The cooked flesh of guinea fowl resembles chicken in texture, with a flavour somewhere between chicken and turkey.


----------



## Rubberback (Sep 9, 2008)

dukkmann1977 said:


> my wife had to have a pair of Guinnea fowl and i cannot seem to keep them out of the flowerbeds. I have put a ton of moth balls in the beds and they throw them out. they are destroying my beds. please help


Just curious why did you have to have them for. What are they good for?


----------



## dukkmann1977 (Apr 10, 2006)

Wht do wifes have to have half of the stuff they get. cause they want it. My kids like the stupid birds and before i send them to bird heaven i would like to at least try to solve this problem.


----------



## dukkmann1977 (Apr 10, 2006)

why


----------



## Gator gar (Sep 21, 2007)

Rubberback said:


> Just curious why did you have to have them for. What are they good for?


Get you about a dozen of them and let them roost in a tree next to your bedroom window and let a burglar walk in your yard. They are better than any alarm company ever thought about being. The first little bit of noise and them things make an awful racket.

They are 95 percent dark meat, if not more.


----------



## fish and grin (Jun 15, 2008)

dont know about gumbow, sure do make a great dressin. all dark meat.just dont rile em up to much. right GG.


----------



## dukkmann1977 (Apr 10, 2006)

i had to move the picnic table we had outside our bedroom window because they would roost on it at nite. Every morning like clock work at 4 am they were out there making racket.

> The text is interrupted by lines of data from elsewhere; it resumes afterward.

-- ===== src/Double/Mono.antt =====
-- Rounding is monotone, also where the two numbers have different exponents.
use native.Mathlib.Nat.{
  div-add-mod', mul-pos, le_of_mul-le-mul_right, le-div_iff_mul-le, div-mul-le_self,
}
use native.Mathlib.Decide.{dec_lt}
use approximation_computing.Common.{
  ℕ, suc, ◌+◌, ◌*◌, ◌/◌, ◌%◌, ◌^◌, ◌≤◌, ◌<◌, ◌≡◌, ap, arith, pow-add, two-pow-pos, two-pow-le,
  le_refl, le_trans, mul-le-mul_right, mul-le-mul_left,
}
use approximation_computing.Double.{exponent, nearest, round_at, round}
use approximation_computing.Double.Round.{
  IsExponent, InRange, exponent_lem, nearest-le, le-nearest, top_bit, small,
}

rest_of_equal : (q d r d' r' : ℕ) → (q * d + r) * d' ≤ (q * d' + r') * d → r * d' ≤ r' * d
rest_of_equal q d r d' r' h = omega arith

-- Where r / d is at most r' / d', a half that the first passes is passed by the second.
over_half : (d r d' r' : ℕ) → 0 < d → 0 < d' → r * d' ≤ r' * d → d < 2 * r → d' < 2 * r'
over_half d r d' r' p p' h g = elim (dec_lt d' (2 * r')) [
  | yes y ↦ y
  | no n ↦
      let a : suc d * d' ≤ 2 * r * d' = mul-le-mul_right d' g in
      let b : 2 * r' * d ≤ d' * d = mul-le-mul_right d (omega arith) in absurd (omega arith)
]

from_half : (d r d' r' : ℕ) → 0 < d → 0 < d' → r * d' ≤ r' * d → d ≤ 2 * r → d' ≤ 2 * r'
from_half d r d' r' p p' h g =
    le_of_mul-le-mul_right {k = d} (omega (arith, mul-le-mul_right {m = d} {n = 2 * r} d' g)) p

module _ (num d num' d' : ℕ) (d_pos : 0 < d) (d'_pos : 0 < d') (h : num * d' ≤ num' * d) where
  floors : num / d ≤ num' / d'
  floors = (le-div_iff_mul-le d'_pos).1 (
      le_of_mul-le-mul_right {k = d} (omega (arith, mul-le-mul_right d' (div-mul-le_self num d)))
        d_pos)

  rests : num / d ≡ num' / d' → num % d * d' ≤ num' % d' * d
  rests e =
      rest_of_equal (num / d) d (num % d) d' (num' % d')
        (rw (div-add-mod' num d) (rw (e, div-add-mod' num' d') h))

  nearest_mono : nearest num d ≤ nearest num' d'
  unfolding nearest
  nearest_mono = ground (
    arith,
    floors,
    λ (e : num / d ≡ num' / d'). over_half d (num % d) d' (num' % d') d_pos d'_pos (rests e),
    λ (e : num / d ≡ num' / d'). from_half d (num % d) d' (num' % d') d_pos d'_pos (rests e),
  )

same_exponent :
    (e num den num' den' : ℕ)
    → 0 < den
    → 0 < den'
    → num * den' ≤ num' * den
    → round_at e num den ≤ round_at e num' den'
unfolding round_at
same_exponent e num den num' den' p p' h = mul-le-mul_right (2 ^ e) (
    nearest_mono num (den * 2 ^ e) num' (den' * 2 ^ e) (mul-pos p (two-pow-pos e))
      (mul-pos p' (two-pow-pos e)) (omega (arith, mul-le-mul_right (2 ^ e) h)))

smaller_exponent :
    (e num den e' num' den' : ℕ)
    → 0 < den
    → 0 < den'
    → IsExponent e num den
    → IsExponent e' num' den'
    → e < e'
    → round_at e num den ≤ round_at e' num' den'
unfolding round_at
smaller_exponent e num den e' num' den' p p' exp exp' lt =
    let n = nearest-le num (den * 2 ^ e) (2 ^ 53) (mul-pos p (two-pow-pos e)) (upper exp) in
    let n' = le-nearest num' (den' * 2 ^ e') (2 ^ 52) (mul-pos p' (two-pow-pos e')) lower in
    le_trans (mul-le-mul_right (2 ^ e) n)
      (le_trans (small (le_refl (2 ^ 53)) lt) (mul-le-mul_right (2 ^ e') n'))
  where
    upper : IsExponent e num den → num ≤ 2 ^ 53 * (den * 2 ^ e)
    upper x = omega (arith, ap (λ (t : ℕ). den * t) (pow-add 2 53 e), x.0)

    lower : 2 ^ 52 * (den' * 2 ^ e') ≤ num'
    lower =
        omega (arith, ap (λ (t : ℕ). den' * t) (pow-add 2 52 e'), top_bit e' e num' den' exp' lt)

larger_exponent_absurd :
    (e num den e' num' den' : ℕ)
    → 0 < den
    → IsExponent e num den
    → IsExponent e' num' den'
    → num * den' ≤ num' * den
    → ¬ (e' < e)
larger_exponent_absurd e num den e' num' den' p exp exp' h lt =
    let top = mul-le-mul_right den' (top_bit e e' num den exp lt) in
    let below : suc num' * den ≤ den' * 2 ^ (53 + e') * den = mul-le-mul_right den exp'.0 in
    let powers : 2 ^ (53 + e') ≤ 2 ^ (52 + e) = two-pow-le (omega arith) in
    omega (arith, mul-le-mul_left (den * den') powers)

round_at_mono :
    (e num den e' num' den' : ℕ)
    → 0 < den
    → 0 < den'
    → IsExponent e num den
    → IsExponent e' num' den'
    → num * den' ≤ num' * den
    → round_at e num den ≤ round_at e' num' den'
round_at_mono e num den e' num' den' p p' exp exp' h = elim (dec_lt e e') [
  | yes lt ↦ smaller_exponent e num den e' num' den' p p' exp exp' lt
  | no ge ↦
      let same : e ≡ e' =
        omega (arith, larger_exponent_absurd e num den e' num' den' p exp exp' h) in
      rw (← same) (same_exponent e num den num' den' p p' h)
]

pub round_mono :
    (num den num' den' : ℕ)
    → 0 < den
    → 0 < den'
    → InRange num den
    → InRange num' den'
    → num * den' ≤ num' * den
    → round num den ≤ round num' den'
unfolding round
round_mono num den num' den' p p' range range' h =
    round_at_mono (exponent 12 num den) num den (exponent 12 num' den') num' den' p p'
      (exponent_lem 12 num den range) (exponent_lem 12 num' den' range') h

They are pretty interesting birds but i would just like to figure out how to keep them out of the flower beds. My wife has chickens as well and when she lets them out they dont tear the beds up, just these guineas.


----------



## czechgrubworm (May 17, 2006)

I have guineas and they get in the garden and the flowerbed, but don't scratch like a chicken.. that is why i got them. interesting.. the chickens are the scratchers.. not the guineas.. i love mine.. took care of the horrible grasshopper problem we had... and i have all hens and the eggs are the best..


----------



## dukkmann1977 (Apr 10, 2006)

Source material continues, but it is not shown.